• Your goal: The line containing "filename src/Analyzer.antt" marks the end: output every line of the data up to it, and that line too, exactly as written.

================

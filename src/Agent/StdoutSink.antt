-- ===== src/Agent/StdoutSink.antt =====
-- The sink that prints events: `StdoutSink` of agent/src/main.cpp, as the bytes that it writes for one.
use pqc_edr.Base.{ℕ, ◌-◌, [], ◌∷◌, ◌++◌, length, replicate, is_empty, ◌==◌, if◌then◌else◌}
use pqc_edr.Base.Words.{Bytes}
use pqc_edr.Base.Text.{text, c_string, decimal}
use pqc_edr.Event.{
  SecurityEvent, evt_execve, evt_tcp_connect, evt_file_open, fa_write, fa_create, fa_sensitive,
  fa_exec, has_access,
}
use pqc_edr.EventsFile.{Numbers}

-- `%-6u` and the like: spaces on the right, up to the width.
abbrev pub padded : ℕ → Bytes → Bytes
padded width s = s ++ replicate (width - length s) 32

-- The letters of the access, as `acc`.
unfoldable pub access_letters : ℕ → Bytes
access_letters a =
    let w = if has_access a fa_write then text "w" else [] in
    let c = if has_access a fa_create then text "c" else [] in
    let s = if has_access a fa_sensitive then text "s" else [] in
    let x = if has_access a fa_exec then text "x" else [] in w ++ (c ++ (s ++ x))

abbrev pub or_else : Bytes → Bytes → Bytes
or_else s other = if is_empty s then other else s

-- What the three formats begin with.
unfoldable pub printed_common : SecurityEvent → Bytes
printed_common e =
    text "pid="
    ++ (padded 6 (decimal e.pid)
        ++ (text " ppid="
            ++ (padded 6 (decimal e.ppid) ++ (text " comm=" ++ padded 16 (c_string e.comm)))))

unfoldable pub printed : Numbers → SecurityEvent → Bytes
printed lib e =
    if e.type == evt_execve
    then text "EXECVE   "
      ++ (printed_common e ++ (text " file=" ++ (c_string e.execve.filename ++ 10 ∷ [])))
    else if e.type == evt_tcp_connect
    then text "CONNECT  "
      ++ (printed_common e
          ++ (text " dst="
              ++ (lib.inet_ntop e.tcp.daddr ++ (text ":" ++ (decimal e.tcp.dport ++ 10 ∷ [])))))
    else if e.type == evt_file_open
    then text "FILE     "
      ++ (printed_common e
          ++ (text " access="
              ++ (padded 4 (or_else (access_letters e.file.access) (text "-"))
                  ++ (text " ino="
                      ++ (decimal e.file.ino
                          ++ (text " path="
                              ++ (or_else (c_string e.file.path) (text "(inode-only)")
                                  ++ 10 ∷ [])))))))
    else []
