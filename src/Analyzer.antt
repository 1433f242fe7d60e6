-- ===== src/Analyzer.antt =====
-- The analyzer of analyzer/src: alerts, the rule filter, the correlator, the classifier, the pipeline.
pub mod Alert
pub mod Libc
pub mod Prefilter
pub mod Correlator
pub mod Llm
pub mod Claude
pub mod Pipeline
pub mod Daemon
pub mod Main
pub mod Eval
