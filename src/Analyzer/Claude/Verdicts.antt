-- ===== src/Analyzer/Claude/Verdicts.antt =====
-- A failed or malformed call of analyzer/src/llm_client_claude.cpp never says that an event is normal.
use pqc_edr.Base.{
  ℕ, ◌≡◌, ◌≢◌, refl, ap, Bool, false, Bool-cases, inl, inr, Option, none, some, is_empty, ◌==◌,
  arith,
}
use pqc_edr.Base.Words.{Bytes}
use pqc_edr.Base.Text.{text, bytes_eq, bytes_eq_iff}
use pqc_edr.Analyzer.Alert.{normal}
use pqc_edr.Analyzer.Claude.{
  parse_verdict, extract_json, fail_safe, Reply, no_handle, failed, answered, Parsed, thrown,
  parsed, Answer, Web, value, classification_of, read_body, read_reply, call,
}

fails : (model why : Bytes) → (fail_safe model why).verdict ≢ normal
unfolding fail_safe
fails model why h = cc h

parse_verdict-normal : (s : Bytes) → parse_verdict s ≡ normal → s ≡ text "normal"
unfolding parse_verdict
parse_verdict-normal s h = ground (arith, bytes_eq_iff s (text "normal"))

unknown_text : text "unknown" ≢ text "normal"
unfolding text bytes_eq
unknown_text h = cc ((bytes_eq_iff (text "unknown") (text "normal")).1 h)

named_normal :
    (o : Option Bytes) → value o (text "unknown") ≡ text "normal" → o ≡ some (text "normal")
named_normal none h = absurd (unknown_text h)
named_normal (some v) h = rw h

module _ {W : Type 0} (web : Web W) where
  -- The body has a text with an object whose verdict is "normal".
  pub record SaysNormal (body : Bytes) : Type 0 where
    pub content : Bytes
    pub readable : web.content_text body ≡ parsed content
    pub answer : Answer
    pub well_formed : web.answer (extract_json content) ≡ parsed answer
    pub says : answer.verdict ≡ some (text "normal")

  classified_normal :
      (model body : Bytes) (deep : Bool) (p : Answer) (u : Parsed (ℕ × ℕ))
      → web.usage body ≡ u
      → (classification_of web model deep body p).verdict ≡ normal
      → p.verdict ≡ some (text "normal")
  unfolding classification_of
  classified_normal model body deep p (thrown why) e h =
      absurd (fails model _ (rw (e, classification_of) at h))
  classified_normal model body deep p (parsed (i, o)) e h =
      named_normal p.verdict (parse_verdict-normal _ (rw (e, classification_of) at h))

  body_normal :
      (model body : Bytes) (deep : Bool) (t : Parsed Bytes)
      → web.content_text body ≡ t
      → (read_body web model deep body).verdict ≡ normal
      → SaysNormal body
  unfolding read_body
  body_normal model body deep (thrown why) e h = absurd (fails model _ (rw (e, read_body) at h))
  body_normal model body deep (parsed content) e h =
      elim (Bool-cases (is_empty (extract_json content))) [
        | inl missing ↦ absurd (fails model _ (rw (e, missing, read_body) at h))
        | inr found ↦ answers (web.answer (extract_json content)) refl
      ]
    where
      answers : (a : Parsed Answer) → web.answer (extract_json content) ≡ a → SaysNormal body
      answers (thrown why) b = elim (Bool-cases (is_empty (extract_json content))) [
        | inl missing ↦ absurd (fails model _ (rw (e, missing, read_body) at h))
        | inr found ↦ absurd (fails model _ (rw (e, found, b, read_body) at h))
      ]
      answers (parsed p) b = elim (Bool-cases (is_empty (extract_json content))) [
        | inl missing ↦ absurd (fails model _ (rw (e, missing, read_body) at h))
        | inr found ↦ record {
          content = content;
          readable = e;
          answer = p;
          well_formed = b;
          says =
              classified_normal model body deep p (web.usage body) refl
                (rw (e, found, b, read_body) at h);
        }
      ]

  reply_normal :
      (model : Bytes) (deep : Bool) (r : Reply)
      → (read_reply web model deep r).verdict ≡ normal
      → (body : Bytes) × (r ≡ answered 200 body) × SaysNormal body
  unfolding read_reply
  reply_normal model deep no_handle h = absurd (fails model _ h)
  reply_normal model deep (failed why) h = absurd (fails model _ h)
  reply_normal model deep (answered status body) h = elim (Bool-cases (status == 200)) [
    | inr other ↦ absurd (fails model _ (rw (other, read_reply) at h))
    | inl fine ↦
        let two_hundred : status ≡ 200 = ground arith in
        (
          body,
          ap (λ (n : ℕ). answered n body) two_hundred,
          body_normal model body deep (web.content_text body) refl (rw (fine, read_reply) at h),
        )
  ]

  -- The Claude client calls an event normal only where it has a key, the API answered with status 200, and the
  -- object in the answer's text has the verdict "normal". So no failed call and no malformed answer does.
  pub call-normal :
      (api_key : Bytes) (w : W) (model system user_msg : Bytes) (max_tokens : ℕ) (deep : Bool)
      → (call web api_key w model system user_msg max_tokens deep).0.verdict ≡ normal
      → (is_empty api_key ≡ false)
        × (body : Bytes) × ((web.post w api_key model system user_msg max_tokens).0
            ≡ answered 200 body)
        × SaysNormal body
  unfolding call
  call-normal api_key w model system user_msg max_tokens deep h =
      elim (Bool-cases (is_empty api_key)) [
        | inl no_key ↦ absurd (fails model _ (rw (no_key, call) at h))
        | inr key ↦
            let reply = (web.post w api_key model system user_msg max_tokens).0 in
            let (body, came, says) = reply_normal model deep reply (rw (key, call) at h) in
            (key, body, came, says)
      ]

================

• Task result:
filename src/Agent/StdoutSink.antt
-- ===== src/Agent/StdoutSink.antt =====
-- The sink that prints events: `StdoutSink` of agent/src/main.cpp, as the bytes that it writes for one.
use pqc_edr.Base.{ℕ, ◌-◌, [], ◌∷◌, ◌++◌, length, replicate, is_empty, ◌==◌, if◌then◌else◌}
use pqc_edr.Base.Words.{Bytes}
use pqc_edr.Base.Text.{text, c_string, decimal}
use pqc_edr.Event.{
  SecurityEvent, evt_execve, evt_tcp_connect, evt_file_open, fa_write, fa_create, fa_sensitive,
  fa_exec, has_access,
}
use pqc_edr.EventsFile.{Numbers}

-- `%-6u` and the like: spaces on the right, up to the width.
abbrev pub padded : ℕ → Bytes → Bytes
padded width s = s ++ replicate (width - length s) 32

-- The letters of the access, as `acc`.
unfoldable pub access_letters : ℕ → Bytes
access_letters a =
    let w = if has_access a fa_write then text "w" else [] in
    let c = if has_access a fa_create then text "c" else [] in
    let s = if has_access a fa_sensitive then text "s" else [] in
    let x = if has_access a fa_exec then text "x" else [] in w ++ (c ++ (s ++ x))

abbrev pub or_else : Bytes → Bytes → Bytes
or_else s other = if is_empty s then other else s

-- What the three formats begin with.
unfoldable pub printed_common : SecurityEvent → Bytes
printed_common e =
    text "pid="
    ++ (padded 6 (decimal e.pid)
        ++ (text " ppid="
            ++ (padded 6 (decimal e.ppid) ++ (text " comm=" ++ padded 16 (c_string e.comm)))))

unfoldable pub printed : Numbers → SecurityEvent → Bytes
printed lib e =
    if e.type == evt_execve
    then text "EXECVE   "
      ++ (printed_common e ++ (text " file=" ++ (c_string e.execve.filename ++ 10 ∷ [])))
    else if e.type == evt_tcp_connect
    then text "CONNECT  "
      ++ (printed_common e
          ++ (text " dst="
              ++ (lib.inet_ntop e.tcp.daddr ++ (text ":" ++ (decimal e.tcp.dport ++ 10 ∷ [])))))
    else if e.type == evt_file_open
    then text "FILE     "
      ++ (printed_common e
          ++ (text " access="
              ++ (padded 4 (or_else (access_letters e.file.access) (text "-"))
                  ++ (text " ino="
                      ++ (decimal e.file.ino
                          ++ (text " path="
                              ++ (or_else (c_string e.file.path) (text "(inode-only)")
                                  ++ 10 ∷ [])))))))
    else []
filename src/Analyzer.antt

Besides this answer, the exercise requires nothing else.